Fiamma stieß einen Schrei aus, als hätte jemand sie gebissen. Sie wich zurück und steckte eine Hand in den Gürtel, den sie um die Taille trug, während Gerardo sie erschrocken beobachtete und schon glaubte, sie wolle einen Dolch hervorziehen. Stattdessen holte die Frau einen bestickten kleinen Beutel hervor, der drei Dinge enthielt: ein Blatt Hadernpapier, einen Bogen Pergament und eine Art Heft, das kleinste, das Gerardo je gesehen hatte. Sie wollte es ihm erst in die Hand drücken, doch dann entschied sie sich anders und legte alles auf den schmutzstarrenden Boden zwischen sie beide.

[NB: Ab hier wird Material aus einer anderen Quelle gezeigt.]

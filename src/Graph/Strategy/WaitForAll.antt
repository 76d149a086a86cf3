-- ===== src/Graph/Strategy/WaitForAll.antt =====
-- What waitForAll decides (graph/stage_strategy.go), against an independent description.
use completer.Prelude.{
  ◌≤◌, ◌<◌, ◌≡◌, refl, ap, ◌⊎◌, inl, inr, List, [], ◌∷◌, ◌++◌, map, Option, none, some, Bool, true,
  false, arith, length, length-map, All, Bool-cases,
}
use completer.Model.Datum.{CompletionResult}
use completer.Graph.Strategy.{
  Trigger, not_triggered, resolved_results, first_failed, wait_for_all_trigger,
}

abbrev pub Results : Type 0
Results = List CompletionResult

abbrev pub Succeeded : CompletionResult → Type 0
Succeeded r = r.successful ≡ true

abbrev pub HasFailed : CompletionResult → Type 0
HasFailed r = r.successful ≡ false

abbrev pub fire : Bool → Results → Trigger
fire status inputs = record { should_trigger = true; status = status; inputs = inputs }

-- The decision of waitForAll, by what the dependencies came to.
pub data WaitForAll (ds : List (Option CompletionResult)) : Trigger → Type 0 where
  -- a dependency is not resolved
  waits :
      (pre post : List (Option CompletionResult))
      → ds ≡ pre ++ none ∷ post
      → WaitForAll ds not_triggered
  -- all succeeded: their results, in order
  succeeds : (rs : Results) → ds ≡ map some rs → All Succeeded rs → WaitForAll ds (fire true rs)
  -- all are resolved, and `r` is the first that failed
  fails :
      (pre : Results) (r : CompletionResult) (post : Results)
      → ds ≡ map some (pre ++ r ∷ post)
      → All Succeeded pre
      → HasFailed r
      → WaitForAll ds (fire false (r ∷ []))

length-resolved_results-le :
    (ds : List (Option CompletionResult)) → length (resolved_results ds) ≤ length ds
unfolding resolved_results
length-resolved_results-le [] = omega arith
length-resolved_results-le (none ∷ ds) = omega (arith, length-resolved_results-le ds)
length-resolved_results-le (some r ∷ ds) = omega (arith, length-resolved_results-le ds)

-- Either every dependency is resolved, or one is not.
resolved-cases :
    (ds : List (Option CompletionResult))
    → ((rs : Results) × (ds ≡ map some rs) × (resolved_results ds ≡ rs))
      ⊎ ((pre : List (Option CompletionResult)) × (post : List (Option CompletionResult)) × (ds
            ≡ pre ++ none ∷ post)
          × (length (resolved_results ds) < length ds))
unfolding resolved_results
resolved-cases [] = inl ([], refl, refl)
resolved-cases (none ∷ ds) = inr ([], ds, refl, omega (arith, length-resolved_results-le ds))
resolved-cases (some r ∷ ds) = elim (resolved-cases ds) [
  | inl (rs, e, q) ↦ inl (r ∷ rs, ap (λ l. some r ∷ l) e, ap (λ l. r ∷ l) q)
  | inr (pre, post, e, q) ↦ inr (some r ∷ pre, post, ap (λ l. some r ∷ l) e, omega arith)
]

failed-cases :
    (rs : Results)
    → (All Succeeded rs × (first_failed (map some rs) ≡ none))
      ⊎ ((pre : Results) × (r : CompletionResult) × (post : Results) × (rs ≡ pre ++ r ∷ post)
          × All Succeeded pre
          × HasFailed r
          × (first_failed (map some rs) ≡ some r))
unfolding first_failed
failed-cases [] = inl (tt, refl)
failed-cases (r ∷ rs) = elim (Bool-cases r.successful) [
  | inr e ↦ inr ([], r, rs, refl, tt, e, ground (arith, e))
  | inl e ↦ elim (failed-cases rs) [
    | inl (a, q) ↦ inl ((e, a), ground (arith, e, q))
    | inr (pre, f, post, p, a, h, q) ↦
        inr (r ∷ pre, f, post, ap (λ l. r ∷ l) p, (e, a), h, ground (arith, e, q))
  ]
]

resolved_results-map : (rs : Results) → resolved_results (map some rs) ≡ rs
unfolding resolved_results
resolved_results-map [] = refl
resolved_results-map (r ∷ rs) = ap (λ l. r ∷ l) (resolved_results-map rs)

all_resolved : (rs : Results) → WaitForAll (map some rs) (wait_for_all_trigger (map some rs))
unfolding wait_for_all_trigger
all_resolved rs = elim (failed-cases rs) [
  | inl (a, q) ↦
      let e : wait_for_all_trigger (map some rs) ≡ fire true rs =
        ground (arith, q, resolved_results-map rs, length-map some rs) in
      rw e (succeeds rs refl a)
  | inr (pre, r, post, p, a, h, q) ↦
      let e : wait_for_all_trigger (map some rs) ≡ fire false (r ∷ []) =
        ground (arith, q, resolved_results-map rs, length-map some rs) in
      rw e (fails pre r post (ap (map some) p) a h)
]

-- waitForAll triggers exactly when every dependency is resolved: with success and all results in
-- order where all succeeded, and otherwise with failure and the result of the first that failed.
pub wait_for_all_trigger_lem :
    (ds : List (Option CompletionResult)) → WaitForAll ds (wait_for_all_trigger ds)
wait_for_all_trigger_lem ds = elim (resolved-cases ds) [
  | inl (rs, e, q) ↦ rw e (all_resolved rs)
  | inr (pre, post, e, less) ↦
      let stuck : wait_for_all_trigger ds ≡ not_triggered =
        unfold wait_for_all_trigger in ground arith in
      rw stuck (waits pre post e)
]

»Das erste Blatt ist ein Brief für Euch«, sagte sie. »Das Heft ist mein Tagebuch aus längst vergangener Zeit, und das Pergament
ist nutzlos, aber ich weiß, dass Ihr danach gesucht habt. Lest bitte den Brief und das Tagebuch. Ich möchte, dass Ihr mich versteht und mir vielleicht sogar verzeiht.«
Dann rief sie die Wachen, um sich die Tür öffnen zu lassen, nahm den Korb mit dem Geschirr und verließ sichtlich aufgewühlt und ohne ein Wort des Abschieds die Zelle. Sie wandte sich nicht einmal mehr um.
Gerardo war wieder allein. All der Trost, dass er endlich etwas gegessen und getrunken hatte, war dahin, und er fühlte ein schweres Gewicht auf seinem Magen lasten. Er nahm den Brief, der sehr kurz war. Als er ihn gerade zu Ende gelesen hatte, hörte er wieder das Geräusch von Schritten auf dem Gang. Hastig befeuchtete er die Finger mit Speichel, löschte die Lampe und versteckte alles an dem einzig möglichen Platz: unter dem dreckigen Stroh.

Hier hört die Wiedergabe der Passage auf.